Prospect Medical Holdings, Inc. (NYSE Amex: PZZ) ("Prospect” or
"the Company”), which owns and operates four community-based hospitals
and manages the medical care of approximately 190,000 HMO enrollees in
southern California, today announced that it has received Notices of
non-monetary Default on its first and second lien credit agreements (the
"Notices”), under which Prospect currently owes approximately $139
million
(comprised of $136 million in original debt and $3 million in added PIK
fees). The Notices contend that Prospect violated a requirement
associated with the May 15, 2008 Credit Agreement Amendments to divest
certain operations by December 31, 2008, which date was subsequently
extended to March 17, 2009. The Notices declare, among other things, the
lenders’ right to terminate the loans, exercise any and all remedies
available and immediately begin assessing default interest rates.
Based on all of the facts, including numerous discussions with the
lenders, Prospect vehemently disputes the existence of any event of
default. Prospect has made, on time and in full, all of its required
principal and interest payments since the inception of the loans, and
anticipates continuing to do so for the remaining duration of the loans.

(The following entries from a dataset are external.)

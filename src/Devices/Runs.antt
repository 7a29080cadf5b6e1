-- ===== src/Devices/Runs.antt =====
-- What a refresh comes to, as equations.
use phone_control.Common.{
  ℕ, suc, ◌≡◌, refl, inl, inr, Bool, true, false, [], ◌∷◌, ◌++◌, some, ◌==◌, ltb, find_first, any,
  Bool-cases, Option-cases,
}
use phone_control.Rules.Clock.{Text}
use phone_control.Store.{Device, DeviceCredential, Db, Reply, done, raised, Error}
use phone_control.Devices.Tokens.{
  Issuer, DeviceTokens, has_token, is_spent, is_unusable, create_credential, mark_used,
  revoke_family, new_credential, tokens_for, issue, refresh_stored, refresh_amid,
}

module _ (issuer : Issuer) where
  -- The database after a credential of a family was created.
  abbrev pub with_credential : (device family : ℕ) → Text → ℕ → Db → Db
  with_credential device family fresh now db = record db {
    issued = suc db.issued;
    credentials =
        db.credentials ++ new_credential issuer (db.ids db.issued) device family now fresh ∷ [];
  }

  abbrev pub is_taken : Text → Db → Bool
  is_taken fresh db = any (has_token (issuer.hash_token fresh)) db.credentials

  pub issue_free :
      (device company family : ℕ) (fresh : Text) (now : ℕ) (db : Db)
      → is_taken fresh db ≡ false
      → issue issuer device company (some family) fresh now db ≡ (
        done (tokens_for issuer device company fresh),
        with_credential device family fresh now db,
      )
  unfolding issue
  issue_free device company family fresh now db free = rw (issue, create_credential, free) refl

  issue_taken :
      (device company family : ℕ) (fresh : Text) (now : ℕ) (db : Db)
      → is_taken fresh db ≡ true
      → (issue issuer device company (some family) fresh now db).0 ≡ raised Error.unique_violation
  unfolding issue
  issue_taken device company family fresh now db taken = rw (issue, create_credential, taken) refl

  module _ (between : Db → Db) (token fresh : Text) (now : ℕ) (db : Db) where
    abbrev pub refreshed : Reply DeviceTokens × Db
    refreshed = refresh_amid issuer between token fresh now db

    -- The credential of the token, and its phone.
    abbrev pub Presents : DeviceCredential → Device → Type 0
    Presents c d =
        (find_first (has_token (issuer.hash_token token)) db.credentials ≡ some c)
        × (find_first (λ d. d.id == c.device_id) db.devices ≡ some d)

    pub refresh_amid-refresh_stored :
        (c : DeviceCredential) (d : Device)
        → Presents c d
        → refreshed ≡ refresh_stored issuer between c d fresh now db
    unfolding refresh_amid
    refresh_amid-refresh_stored c d (found, phone) = rw (found, refresh_amid) (rw phone refl)

    pub refresh_amid_spent :
        (c : DeviceCredential) (d : Device)
        → Presents c d
        → is_spent c ≡ true
        → refreshed ≡ (raised Error.unauthorized, revoke_family c.family_id now db)
    refresh_amid_spent c d h spent = rw (refresh_amid-refresh_stored c d h, spent) refl

    abbrev pub marked : DeviceCredential → Db
    marked c = mark_used c.id now (between db)

    abbrev pub IsRefreshed : DeviceCredential → Device → Type 0
    IsRefreshed c d =
        Presents c d
        × (is_spent c ≡ false)
        × (ltb c.expires_at now ≡ false)
        × (is_unusable d ≡ false)
        × (is_taken fresh (marked c) ≡ false)

    pub refresh_amid_done :
        (c : DeviceCredential) (d : Device)
        → IsRefreshed c d
        → refreshed ≡ (
          done (tokens_for issuer c.device_id d.company_id fresh),
          with_credential c.device_id c.family_id fresh now (marked c),
        )
    refresh_amid_done c d (h, unspent, valid, usable, free) =
        rw
          (
            refresh_amid-refresh_stored c d h,
            unspent,
            valid,
            usable,
            issue_free c.device_id d.company_id c.family_id fresh now (marked c) free,
          )
          refl

    stored_inversion :
        (c : DeviceCredential) (d : Device) (t : DeviceTokens)
        → Presents c d
        → (refresh_stored issuer between c d fresh now db).0 ≡ done t
        → IsRefreshed c d
    stored_inversion c d t h e = elim (Bool-cases (is_spent c)) [
      | inl spent ↦ absurd (cc (rw spent at e))
      | inr unspent ↦ elim (Bool-cases (ltb c.expires_at now)) [
        | inl late ↦ absurd (cc (rw (unspent, late) at e))
        | inr valid ↦ elim (Bool-cases (is_unusable d)) [
          | inl gone ↦ absurd (cc (rw (unspent, valid, gone) at e))
          | inr usable ↦ elim (Bool-cases (is_taken fresh (marked c))) [
            | inr free ↦ (h, unspent, valid, usable, free)
            | inl taken ↦
                let fails =
                  issue_taken c.device_id d.company_id c.family_id fresh now (marked c) taken in
                absurd (cc (fails, rw (unspent, valid, usable) at e))
          ]
        ]
      ]
    ]

    pub refresh_amid_inversion :
        (t : DeviceTokens)
        → refreshed.0 ≡ done t
        → (c : DeviceCredential) × (d : Device) × IsRefreshed c d
    unfolding refresh_amid
    refresh_amid_inversion t e =
        elim (Option-cases (find_first (has_token (issuer.hash_token token)) db.credentials)) [
          | inl unknown ↦ absurd (cc (rw (refresh_amid, unknown) at e))
          | inr (c, found) ↦
              elim (Option-cases (find_first (λ d. d.id == c.device_id) db.devices)) [
                | inl lost ↦ let r = rw (refresh_amid, found) at e in absurd (cc (rw lost at r))
                | inr (d, phone) ↦
                    let h : Presents c d = (found, phone) in
                    (c, d, stored_inversion c d t h (rw (refresh_amid-refresh_stored c d h) at e))
              ]
        ]
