-- ===== src/Limiter.antt =====
-- apps/api/src/redis/rate-limiter.service.ts and redis.service.ts: counters and locks. The server
-- of Redis is a parameter.
use phone_control.Common.{
  ℕ, ◌*◌, Bool, true, false, Option, none, some, leb, ltb, if◌then◌else◌, is_some,
}

-- What stands before the identifier in a key.
pub data Namespace : Type 0 where
  barcode barcode_device barcode_badge : Namespace

-- The templates of the keys; an identifier is the number of its text.
pub data RedisKey : Type 0 where
  rl fail lock : Namespace → (identifier : ℕ) → RedisKey

-- A server in a state `ρ`, which changes with the commands and the time. A command that fails gives
-- `none`. A text is a number, and a negative answer of TTL is 0.
pub record Redis (ρ : Type 0) : Type 0 where
  -- `MULTI INCR EXPIRE NX EXEC`: the new value of the counter
  pub increment_with_ttl : RedisKey → ℕ → ρ → Option ℕ × ρ
  pub get : RedisKey → ρ → Option (Option ℕ) × ρ
  -- `SET key value EX seconds`
  pub set_with_ttl : RedisKey → (value seconds : ℕ) → ρ → Option (Unit {0}) × ρ
  pub del : RedisKey → ρ → Option (Unit {0}) × ρ
  pub ttl : RedisKey → ρ → Option ℕ × ρ

pub record RateLimitDecision : Type 0 where
  pub allowed : Bool
  pub count : ℕ
  pub limit : ℕ
  pub retry_after_seconds : ℕ

pub record BarcodeLimits : Type 0 where
  pub per_device_per_minute : ℕ
  pub per_badge_per_minute : ℕ
  pub lockout_failures : ℕ
  pub lockout_minutes : ℕ

-- Redis does not answer: let pass.
abbrev pub unavailable : ℕ → RateLimitDecision
unavailable limit = record { allowed = true; count = 0; limit = limit; retry_after_seconds = 0 }

abbrev pub decision : (limit window count left : ℕ) → RateLimitDecision
decision limit window count left = record {
  allowed = leb count limit;
  count = count;
  limit = limit;
  retry_after_seconds = if ltb 0 left then left else window;
}

module _ {ρ : Type 0} where
  -- An error counts as no failure.
  abbrev pub or_zero : Option ℕ × ρ → ℕ × ρ
  or_zero (none, s) = (0, s)
  or_zero (some count, s) = (count, s)

  -- `value !== null`, an error counting as null.
  abbrev pub holds_value : Option (Option ℕ) × ρ → Bool × ρ
  holds_value (none, s) = (false, s)
  holds_value (some value, s) = (is_some value, s)

module _ {ρ : Type 0} (redis : Redis ρ) where
  decide_quota : (limit window count : ℕ) → Option ℕ × ρ → RateLimitDecision × ρ
  decide_quota limit window count (none, s) = (unavailable limit, s)
  decide_quota limit window count (some left, s) = (decision limit window count left, s)

  count_quota : Namespace → (identifier limit window : ℕ) → Option ℕ × ρ → RateLimitDecision × ρ
  unfolding decide_quota
  count_quota namespace identifier limit window (none, s) = (unavailable limit, s)
  count_quota namespace identifier limit window (some count, s) =
      decide_quota limit window count (redis.ttl (rl namespace identifier) s)

  unfoldable pub consume : Namespace → (identifier limit window : ℕ) → ρ → RateLimitDecision × ρ
  unfolding count_quota
  consume namespace identifier limit window s =
      count_quota namespace identifier limit window
        (redis.increment_with_ttl (rl namespace identifier) window s)

  unfoldable pub record_failure : Namespace → (identifier window : ℕ) → ρ → ℕ × ρ
  record_failure namespace identifier window s =
      or_zero (redis.increment_with_ttl (fail namespace identifier) window s)

  unfoldable pub clear_failures : Namespace → ℕ → ρ → Unit {0} × ρ
  clear_failures namespace identifier s = (tt, (redis.del (fail namespace identifier) s).1)

  unfoldable pub is_locked_out : Namespace → ℕ → ρ → Bool × ρ
  is_locked_out namespace identifier s = holds_value (redis.get (lock namespace identifier) s)

  unfoldable pub lock_out : Namespace → (identifier minutes : ℕ) → ρ → Unit {0} × ρ
  lock_out namespace identifier minutes s =
      (tt, (redis.set_with_ttl (lock namespace identifier) 1 (minutes * 60) s).1)
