-- ===== src/Executor/Tests.antt =====
-- async-embedded/src/executor.rs and async-embedded/src/task.rs: futures that count, and a node
-- that is spawned.
use async_on_embedded.Executor.{
  Machine, returned, flag, set_flag, current, spawn, service, pass, turn, block_on,
}
use async_on_embedded.Executor.Fair.{Honest, pass-polls}
use async_on_embedded.Executor.Progress.{Finite, Apart, block_on_returns}
use async_on_embedded.Executor.Spawn.{AllBelow, cursor, spawn_lem}
use async_on_embedded.Alloc
use async_on_embedded.Executor.{after_main, advance_tasks, loop}
use async_on_embedded.Alloc.{alloc, round_up}
use async_on_embedded.Alloc.Bump.{IsValid}
use async_on_embedded.WakerSet.Tests.{quiet}
use async_on_embedded.Runtime.{store, World, Poll, pending, ntasks}
use async_on_embedded.Prelude.{
  ℕ, zero, suc, ◌+◌, ◌≤◌, ◌<◌, ◌≡◌, refl, ◌≢◌, true, false, Option, none, some, List, [], ◌∷◌, ◌++◌,
  arith, ◌==◌, if◌then◌else◌, length, get_elem?,
}

abbrev memory : ℕ
memory = 0x2000_0000

-- a main future that needs `n` more polls and wakes itself
abbrev count_down : ℕ → ℕ → Machine ℕ → Option (Option ℕ × Machine ℕ)
count_down zero main m = some (some 7, m)
count_down (suc n) main m = some (none, set_flag main true (record m { user = n }))

abbrev poll_main : ℕ → Machine ℕ → Option (Option ℕ × Machine ℕ)
poll_main main m = count_down m.user main m

abbrev poll_task : ℕ → Machine ℕ → Option (Poll × Machine ℕ)
poll_task t m = some (pending, m)

abbrev machine : {U : Type 0} → U → List ℕ → World → Machine U
machine u tasks w = record {
  world = w;
  init = true;
  alloc = record { len = 1024; pos = 5; start = memory };
  in_block_on = false;
  tasks = tasks;
  user = u;
}

count_down-some : (n main : ℕ) (m : Machine ℕ) → count_down n main m ≢ none
count_down-some zero main m e = cc
count_down-some (suc n) main m e = cc

count_down-works :
    (n main : ℕ) (m m' : Machine ℕ)
    → count_down n main m ≡ some (none, m')
    → (m'.user < n)
      × (flag m' main ≡ true)
      × (Apart {U = ℕ} {V = ℕ} poll_main poll_task (λ n. n) main m
          → Apart {U = ℕ} {V = ℕ} poll_main poll_task (λ n. n) main m')
count_down-works zero main m m' e = cc
count_down-works (suc n) main m m' e = (ground arith, ground arith, λ h j at. h j (ground arith))

counting-Finite : Finite {U = ℕ} {V = ℕ} poll_main poll_task (λ n. n) 10
counting-Finite = record {
  main_polls = λ m. count_down-some m.user 10 m;
  main_works = λ m m'. count_down-works m.user 10 m m';
  task_polls = λ t m. (m, refl);
  task_works =
      λ t m m' e. (ground arith, λ h. ground arith, ground arith, λ h j at. h j (ground arith));
}

abbrev idle : Machine ℕ
idle = machine 2 (20 ∷ []) quiet

only_20 : (j : ℕ) → get_elem? {A = ℕ} (20 ∷ []) j ≢ some 10
only_20 zero e = ground arith
only_20 (suc j) e = cc

block_on_returns_example :
    (v : ℕ) × (m' : Machine ℕ) × (block_on poll_main poll_task 3 10 idle ≡ returned v m')
    × (m'.in_block_on ≡ false)
block_on_returns_example =
    block_on_returns poll_main poll_task (λ n. n) 10 counting-Finite 3 idle refl only_20
      (omega arith)

-- the machine when `block_on` has returned
abbrev over : Machine ℕ
over = record idle {
  world = record {
    ready =
        store
          (store (store (store (store (store quiet.ready 10 true) 10 false) 10 true) 10 false) 10
            true)
          10 false;
    task_ready = false;
  };
  user = 0;
}

idle-over : block_on poll_main poll_task 3 10 idle ≡ returned 7 over
unfolding block_on loop turn after_main advance_tasks pass service
idle-over = refl

-- tasks that count their own polls
abbrev counted : ℕ → Machine (ℕ → ℕ) → Machine (ℕ → ℕ)
counted t m = record m { user = λ a. if a == t then m.user a + 1 else m.user a }

abbrev count_poll : ℕ → Machine (ℕ → ℕ) → Option (Poll × Machine (ℕ → ℕ))
count_poll t m = some (pending, counted t m)

abbrev never : ℕ → Machine (ℕ → ℕ) → Option (Option ℕ × Machine (ℕ → ℕ))
never main m = some (none, m)

abbrev polls : ℕ → (ℕ → ℕ) → ℕ
polls a u = u a

count_poll-Honest : Honest {U = ℕ → ℕ} {V = ℕ} never count_poll polls
count_poll-Honest = record {
  counts = λ t m m' p e. ground arith;
  grows = λ t a m m' p e. ground arith;
  only_wakes = λ t a m m' p e on. ground arith;
  keeps_tasks = λ t j a m m' p e at. ground arith;
}

abbrev raised : Machine (ℕ → ℕ)
raised = machine (λ a. 0) (20 ∷ 30 ∷ []) (record { ready = λ p. p == 30; task_ready = false })

abbrev passed : Machine (ℕ → ℕ)
passed = counted 30 (set_flag 30 false raised)

raised-pass : pass {U = ℕ → ℕ} {V = ℕ} never count_poll 2 0 false raised ≡ some (true, passed)
unfolding pass service
raised-pass = refl

pass-polls_example : 0 < passed.user 30
pass-polls_example =
    pass-polls {V = ℕ} never count_poll polls count_poll-Honest 2 0 false true raised passed 1 30
      raised-pass (omega arith) (omega arith) refl refl

-- before the first call of `current`
abbrev raw : Machine ℕ
raw = record idle { init = false }

abbrev set_up : Machine ℕ
set_up = record raw { init = true; tasks = []; alloc = Alloc.new memory 1024 }

raw-set_up : current memory 0 raw ≡ some set_up
unfolding current
raw-set_up = refl

-- a node of 16 bytes, aligned to 4
abbrev spawned : Machine ℕ
spawned = set_flag (memory + 8) true (record idle {
  alloc = record { len = 1024; pos = 24; start = memory };
  tasks = 20 ∷ (memory + 8) ∷ [];
})

idle-spawned : spawn 16 4 idle ≡ some spawned
unfolding spawn alloc round_up
idle-spawned = refl

idle-IsValid : IsValid idle.alloc
idle-IsValid = record { inside = omega arith; small = omega arith }

spawn_lem_example :
    (p : ℕ) × (spawned.tasks ≡ idle.tasks ++ (p ∷ []))
    × ((j : ℕ) → get_elem? idle.tasks j ≢ some p)
    × (flag spawned p ≡ true)
    × ((q : ℕ) → q ≢ p → flag spawned q ≡ flag idle q)
    × (length spawned.tasks ≤ ntasks)
    × AllBelow (cursor spawned) spawned.tasks
    × IsValid spawned.alloc
spawn_lem_example =
    spawn_lem 16 4 idle spawned idle-IsValid (omega arith, tt) (omega arith) (omega arith)
      (omega arith) (omega arith) idle-spawned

Since the Credit Agreements were amended effective May 15, 2008,
Prospect has been in full compliance with all financial and other loan
covenants, has significantly exceeded all of its performance projections
and has successfully undertaken a wide variety of operational
initiatives that have substantially enhanced the value and performance
of the Company, all during a very difficult economic climate. Some of
these initiatives were outlined in the Company’s press release dated
November 13, 2008. At the time that the Company entered into the May 15,
2008 Credit Agreement Amendments, the Company was underperforming and
the lenders assessed substantial penalties and fees and instituted very
significant interest rate increases. Based on that prior
underperformance, the Company’s maximum Leverage Ratio covenant was set
as high as 7.40 to 1, and the Minimum Trailing Twelve Month (TTM) EBITDA
covenant was set as low as $16.75 million. As reported in the Company’s
Earnings Release for the quarter ended December 31, 2008, the Company
reported TTM Adjusted EBITDA of $43.7 million and a Net Debt: Adjusted
TTM EBITDA Ratio of 2.51. The Company expects to report an even higher
TTM Adjusted EBITDA and an even lower Net Debt: Adjusted TTM EBITDA
Ratio when it reports results for the current quarter.
The Company has formally engaged an investment banking firm to undertake
a refinancing of the current debt. Notwithstanding current market
conditions, based on the Company’s very strong, sustained performance
and cash flow generation, the Company firmly believes that it will be
able to complete a refinancing - on substantially more attractive terms
and with a capital partner more aligned with, and supportive of, the
Company’s excellent performance and disciplined future expansion plans.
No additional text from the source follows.